- Work to be completed
Among the records below, how many lines contain the word "SignalMsg"? The answer is a single number.

- Records from a dataset
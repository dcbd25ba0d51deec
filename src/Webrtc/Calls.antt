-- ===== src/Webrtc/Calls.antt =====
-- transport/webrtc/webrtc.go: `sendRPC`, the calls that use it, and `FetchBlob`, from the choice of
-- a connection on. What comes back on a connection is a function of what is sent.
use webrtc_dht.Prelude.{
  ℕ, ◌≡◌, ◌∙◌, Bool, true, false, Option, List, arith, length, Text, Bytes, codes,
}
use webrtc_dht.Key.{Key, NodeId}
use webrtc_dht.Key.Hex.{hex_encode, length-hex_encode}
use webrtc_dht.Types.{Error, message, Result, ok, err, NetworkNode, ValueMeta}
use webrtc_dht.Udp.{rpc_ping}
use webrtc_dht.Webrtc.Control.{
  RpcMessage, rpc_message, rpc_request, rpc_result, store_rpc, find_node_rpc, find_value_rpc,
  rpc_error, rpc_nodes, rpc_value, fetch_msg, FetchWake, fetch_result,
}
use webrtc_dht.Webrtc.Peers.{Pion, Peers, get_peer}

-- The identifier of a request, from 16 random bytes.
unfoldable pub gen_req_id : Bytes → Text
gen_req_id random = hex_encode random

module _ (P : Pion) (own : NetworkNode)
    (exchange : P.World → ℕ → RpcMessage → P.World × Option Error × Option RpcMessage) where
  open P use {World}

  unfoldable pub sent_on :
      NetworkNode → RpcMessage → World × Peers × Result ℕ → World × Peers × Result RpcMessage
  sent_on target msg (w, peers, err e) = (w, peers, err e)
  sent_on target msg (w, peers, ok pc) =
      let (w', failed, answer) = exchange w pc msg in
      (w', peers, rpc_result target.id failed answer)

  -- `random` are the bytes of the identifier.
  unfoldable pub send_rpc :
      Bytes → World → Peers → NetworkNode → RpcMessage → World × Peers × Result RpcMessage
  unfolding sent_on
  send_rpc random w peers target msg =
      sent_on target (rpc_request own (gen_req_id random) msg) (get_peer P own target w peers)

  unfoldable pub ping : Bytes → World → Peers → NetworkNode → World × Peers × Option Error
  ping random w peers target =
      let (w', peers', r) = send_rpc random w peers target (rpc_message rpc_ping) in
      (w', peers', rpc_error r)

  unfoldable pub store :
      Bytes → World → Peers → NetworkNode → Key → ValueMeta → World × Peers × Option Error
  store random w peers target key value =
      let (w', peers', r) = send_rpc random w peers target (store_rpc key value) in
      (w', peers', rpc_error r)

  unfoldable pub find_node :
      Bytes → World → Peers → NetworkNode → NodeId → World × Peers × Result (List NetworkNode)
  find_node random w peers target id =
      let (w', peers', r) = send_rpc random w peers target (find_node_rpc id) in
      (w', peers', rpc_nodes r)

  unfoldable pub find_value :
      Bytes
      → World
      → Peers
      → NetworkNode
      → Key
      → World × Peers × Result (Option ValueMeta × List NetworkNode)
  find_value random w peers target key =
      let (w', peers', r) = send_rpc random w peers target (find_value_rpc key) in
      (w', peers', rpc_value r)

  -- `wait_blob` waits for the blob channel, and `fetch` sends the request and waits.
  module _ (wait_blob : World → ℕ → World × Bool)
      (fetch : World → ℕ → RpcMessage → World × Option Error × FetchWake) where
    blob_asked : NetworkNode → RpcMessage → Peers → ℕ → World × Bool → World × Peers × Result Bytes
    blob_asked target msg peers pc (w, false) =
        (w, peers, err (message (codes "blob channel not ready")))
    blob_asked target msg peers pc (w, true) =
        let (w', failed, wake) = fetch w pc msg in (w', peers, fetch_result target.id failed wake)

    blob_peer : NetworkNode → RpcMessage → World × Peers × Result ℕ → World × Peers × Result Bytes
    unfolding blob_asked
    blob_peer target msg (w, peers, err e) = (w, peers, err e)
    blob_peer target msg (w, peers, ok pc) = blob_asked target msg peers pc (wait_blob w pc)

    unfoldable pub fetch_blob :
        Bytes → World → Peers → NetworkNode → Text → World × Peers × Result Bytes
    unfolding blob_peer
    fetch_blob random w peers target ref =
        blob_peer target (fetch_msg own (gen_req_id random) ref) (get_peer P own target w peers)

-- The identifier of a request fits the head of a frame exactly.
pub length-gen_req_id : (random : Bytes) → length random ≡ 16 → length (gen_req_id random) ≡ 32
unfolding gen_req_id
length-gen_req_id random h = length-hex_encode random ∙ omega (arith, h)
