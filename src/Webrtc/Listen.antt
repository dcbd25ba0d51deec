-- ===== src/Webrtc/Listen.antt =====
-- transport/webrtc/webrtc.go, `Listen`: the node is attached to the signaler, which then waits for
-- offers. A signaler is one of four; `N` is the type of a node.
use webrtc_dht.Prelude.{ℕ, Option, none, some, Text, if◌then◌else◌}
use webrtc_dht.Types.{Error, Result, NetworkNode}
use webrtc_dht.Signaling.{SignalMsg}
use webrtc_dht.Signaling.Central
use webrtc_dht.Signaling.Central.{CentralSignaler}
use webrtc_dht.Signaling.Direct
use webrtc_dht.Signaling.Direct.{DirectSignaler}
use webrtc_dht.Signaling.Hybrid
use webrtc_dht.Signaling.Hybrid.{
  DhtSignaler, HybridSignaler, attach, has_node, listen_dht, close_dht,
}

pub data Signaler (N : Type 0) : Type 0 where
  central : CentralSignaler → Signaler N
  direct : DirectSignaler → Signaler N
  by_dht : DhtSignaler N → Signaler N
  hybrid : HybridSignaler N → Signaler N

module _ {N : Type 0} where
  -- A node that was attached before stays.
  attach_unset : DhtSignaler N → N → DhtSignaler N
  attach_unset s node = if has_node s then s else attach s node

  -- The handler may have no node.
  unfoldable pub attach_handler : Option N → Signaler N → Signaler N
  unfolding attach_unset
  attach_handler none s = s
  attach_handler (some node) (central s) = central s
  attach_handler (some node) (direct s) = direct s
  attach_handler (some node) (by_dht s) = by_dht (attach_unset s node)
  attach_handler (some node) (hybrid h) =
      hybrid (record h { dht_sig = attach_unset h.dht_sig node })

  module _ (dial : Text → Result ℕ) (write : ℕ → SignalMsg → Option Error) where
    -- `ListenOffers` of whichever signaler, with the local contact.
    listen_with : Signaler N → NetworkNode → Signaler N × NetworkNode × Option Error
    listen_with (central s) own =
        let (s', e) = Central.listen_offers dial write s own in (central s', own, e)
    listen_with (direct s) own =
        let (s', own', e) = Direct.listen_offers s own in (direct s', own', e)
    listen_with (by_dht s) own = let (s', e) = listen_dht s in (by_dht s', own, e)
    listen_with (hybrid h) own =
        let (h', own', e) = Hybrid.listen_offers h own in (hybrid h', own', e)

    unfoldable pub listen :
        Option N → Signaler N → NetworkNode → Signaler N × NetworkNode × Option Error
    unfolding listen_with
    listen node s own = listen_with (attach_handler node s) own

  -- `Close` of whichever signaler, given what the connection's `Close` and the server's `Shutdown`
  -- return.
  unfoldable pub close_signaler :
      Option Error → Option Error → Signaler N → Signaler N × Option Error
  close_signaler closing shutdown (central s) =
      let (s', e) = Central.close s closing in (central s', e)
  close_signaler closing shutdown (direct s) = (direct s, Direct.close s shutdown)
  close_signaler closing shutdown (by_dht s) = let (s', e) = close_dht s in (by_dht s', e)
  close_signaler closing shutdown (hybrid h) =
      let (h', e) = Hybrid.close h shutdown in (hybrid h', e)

- The answer
2